In other fossil-fuel-company-is-desperate-to-keep-the-good-times-going-despite-the-international-shift-away-from-fossil-fuels-(which-is-occurring-however-slowly)-and-therefore-is-insistent-on-its-employees-voting-a-hard-right-ticket-in-the-hopes-that-it-might-somehow-postpone-the-inevitable-degradation-of-the-planet-long-enough-to-wring-a-few-more-bucks-out-of-its-industry news, Koch Industries sent out a letter suggesting cool people for its employees to vote for.

From In These Times:

In a voter information packet obtained by In These Times, the Koch Industries corporate leadership informed tens of thousands of employees at its subsidiary, Georgia Pacific, that their livelihood could depend on the 2012 election and that the company supports Mitt Romney for president. The guide was similar to one the company distributed before the 2010 midterm elections, which Mark Ames and [Mike Elk] reported on in The Nation last year.

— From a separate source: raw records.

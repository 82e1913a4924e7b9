-- ===== src/Codec/Strings.antt =====
-- Keys and values with strings (milli/src/heed_codec): beu32_str_codec.rs,
-- field_id_word_count_codec.rs, facet/facet_value_string_codec.rs,
-- facet/facet_string_level_zero_codec.rs, facet/field_doc_id_facet_string_codec.rs,
-- facet/facet_string_level_zero_value_codec.rs and facet/facet_string_zero_bounds_value_codec.rs.
-- Strings are their bytes; `is_utf8` is the test of `str::from_utf8`. A codec of values is given by
-- its two functions.
pub mod Laws
use milli.Base.{
  ℕ, zero, suc, ◌+◌, ◌^◌, Bool, true, false, not, ◌&&◌, ◌||◌, List, [], ◌∷◌, ◌++◌, Option, none,
  some, length, take, drop, ltb, leb, ◌==◌, if◌then◌else◌,
}
use milli.Codec.BigEndian.{to_be_bytes, read_be_bytes}
use milli.Codec.Words.{try_split_at, try_split_array_at}

infixl 5 ◌>>=◌
abbrev pub ◌>>=◌ : {A B : Type 0} → Option A → (A → Option B) → Option B
none >>= f = none
some a >>= f = f a

abbrev pub guard : {A : Type 0} → Bool → Option A → Option A
guard true o = o
guard false o = none

abbrev pub split_first : List ℕ → Option (ℕ × List ℕ)
split_first [] = none
split_first (byte ∷ bytes) = some (byte, bytes)

abbrev pub is_empty : List ℕ → Bool
is_empty [] = true
is_empty (byte ∷ bytes) = false

-- `u16::from_be_bytes` of the two bytes in front, and what follows them.
unfoldable pub take_number : ℕ → List ℕ → Option (ℕ × List ℕ)
unfolding try_split_array_at read_be_bytes
take_number size bytes =
    try_split_array_at size bytes >>= λ (head, tail). some (read_be_bytes 0 head, tail)

-- FieldIdWordCountCodec.
unfoldable pub field_id_word_count_encode : ℕ × ℕ → Option (List ℕ)
field_id_word_count_encode (field_id, word_count) = some (to_be_bytes 2 field_id ++ word_count ∷ [])

unfoldable pub field_id_word_count_decode : List ℕ → Option (ℕ × ℕ)
unfolding take_number
field_id_word_count_decode bytes = take_number 2 bytes >>= λ (field_id, rest).
    split_first rest >>= λ (word_count, nothing). some (field_id, word_count)

-- FacetValueStringCodec and FacetStringLevelZeroCodec.
unfoldable pub facet_value_string_encode : ℕ × List ℕ → Option (List ℕ)
facet_value_string_encode (field_id, value) = some (to_be_bytes 2 field_id ++ value)

unfoldable pub facet_string_level_zero_encode : ℕ × List ℕ → Option (List ℕ)
facet_string_level_zero_encode (field_id, value) = some (to_be_bytes 2 field_id ++ 0 ∷ value)

-- FieldDocIdFacetStringCodec.
unfoldable pub field_doc_id_facet_string_encode : ℕ × ℕ × List ℕ → Option (List ℕ)
field_doc_id_facet_string_encode (field_id, document_id, value) =
    some (to_be_bytes 2 field_id ++ (to_be_bytes 4 document_id ++ value))

-- BEU32StrCodec.
unfoldable pub beu32_str_encode : ℕ × List ℕ → Option (List ℕ)
beu32_str_encode (n, s) = some (to_be_bytes 4 n ++ s)

-- `encode_prefix_string`.
unfoldable pub encode_prefix_string : List ℕ → Option (List ℕ)
encode_prefix_string string =
    guard (ltb (length string) (2 ^ 16)) (some (to_be_bytes 2 (length string) ++ string))

module _ (is_utf8 : List ℕ → Bool) where
  unfoldable pub facet_value_string_decode : List ℕ → Option (ℕ × List ℕ)
  unfolding take_number
  facet_value_string_decode bytes =
      take_number 2 bytes >>= λ (field_id, value). guard (is_utf8 value) (some (field_id, value))

  unfoldable pub facet_string_level_zero_decode : List ℕ → Option (ℕ × List ℕ)
  unfolding take_number
  facet_string_level_zero_decode bytes = take_number 2 bytes >>= λ (field_id, rest).
      split_first rest >>= λ (level, value).
      guard (level == 0) (guard (is_utf8 value) (some (field_id, value)))

  unfoldable pub field_doc_id_facet_string_decode : List ℕ → Option (ℕ × ℕ × List ℕ)
  unfolding take_number
  field_doc_id_facet_string_decode bytes = take_number 2 bytes >>= λ (field_id, rest).
      take_number 4 rest >>= λ (document_id, value).
      guard (is_utf8 value) (some (field_id, document_id, value))

  -- A key of less than four bytes, where the code would panic, gives nothing.
  unfoldable pub beu32_str_decode : List ℕ → Option (ℕ × List ℕ)
  unfolding take_number
  beu32_str_decode bytes = take_number 4 bytes >>= λ (n, s). guard (is_utf8 s) (some (n, s))

  -- `decode_prefix_string`.
  unfoldable pub decode_prefix_string : List ℕ → Option (List ℕ × List ℕ)
  unfolding take_number try_split_at
  decode_prefix_string value = take_number 2 value >>= λ (original_length, bytes).
      try_split_at bytes original_length >>= λ (string, rest).
      guard (is_utf8 string) (some (string, rest))

  module _ {V : Type 0} (encode : V → Option (List ℕ)) (decode : List ℕ → Option V) where
    -- StringValueCodec.
    unfoldable pub string_value_encode : List ℕ × V → Option (List ℕ)
    unfolding encode_prefix_string
    string_value_encode (string, value) = encode value >>= λ value_bytes.
        encode_prefix_string string >>= λ bytes. some (bytes ++ value_bytes)

    unfoldable pub string_value_decode : List ℕ → Option (List ℕ × V)
    unfolding decode_prefix_string
    string_value_decode bytes =
        decode_prefix_string bytes >>= λ (string, rest). decode rest >>= λ item. some (string, item)

    -- FacetStringZeroBoundsValueCodec.
    unfoldable pub zero_bounds_encode : Option (List ℕ × List ℕ) × V → Option (List ℕ)
    zero_bounds_encode (none, value) = encode value >>= λ value_bytes. some (0 ∷ value_bytes)
    zero_bounds_encode (some (left, right), value) = guard (not (is_empty left || is_empty right)) (
        guard (ltb (length left) (2 ^ 16)) (
          guard (ltb (length right) (2 ^ 16)) (
            encode value >>= λ value_bytes. some (
              255
              ∷ (to_be_bytes 2 (length left)
                  ++ (to_be_bytes 2 (length right) ++ (left ++ (right ++ value_bytes))))))))

    unfoldable pub decode_with_bounds : List ℕ → Option (Option (List ℕ × List ℕ) × V)
    unfolding take_number try_split_at
    decode_with_bounds bytes = take_number 2 bytes >>= λ (left_len, rest).
        take_number 2 rest >>= λ (right_len, rest). try_split_at rest left_len >>= λ (left, rest).
        try_split_at rest right_len >>= λ (right, rest).
        guard (is_utf8 left)
          (guard (is_utf8 right) (decode rest >>= λ item. some (some (left, right), item)))

    unfoldable pub zero_bounds_decode : List ℕ → Option (Option (List ℕ × List ℕ) × V)
    unfolding decode_with_bounds
    zero_bounds_decode bytes = split_first bytes >>= λ (contains_bounds, rest).
        if contains_bounds == 0
        then (decode rest >>= λ item. some (none, item))
        else decode_with_bounds rest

The packet arrived in the mailboxes of all 45,000 Georgia Pacific employees earlier this month. The cover letter, by Koch Industries President and Chief Operating Officer Dave Robertson, read: …

"If we elect candidates who want to spend hundreds of billions in borrowed money on costly new subsidies for a few favored cronies, put unprecedented regulatory burdens on businesses, prevent or delay important new construction projects, and excessively hinder free trade, then many of our more than 50,000 U.S. employees and contractors may suffer the consequences, including higher gasoline prices, runaway inflation, and other ills."

Enclosed with the letter was a flyer [PDF] listing Koch-endorsed candidates, beginning with Romney. Robertson’s letter explained: “At the request of many employees, we have also provided a list of candidates in your state that have been supported by Koch companies or by KOCHPAC, our employee political action committee.”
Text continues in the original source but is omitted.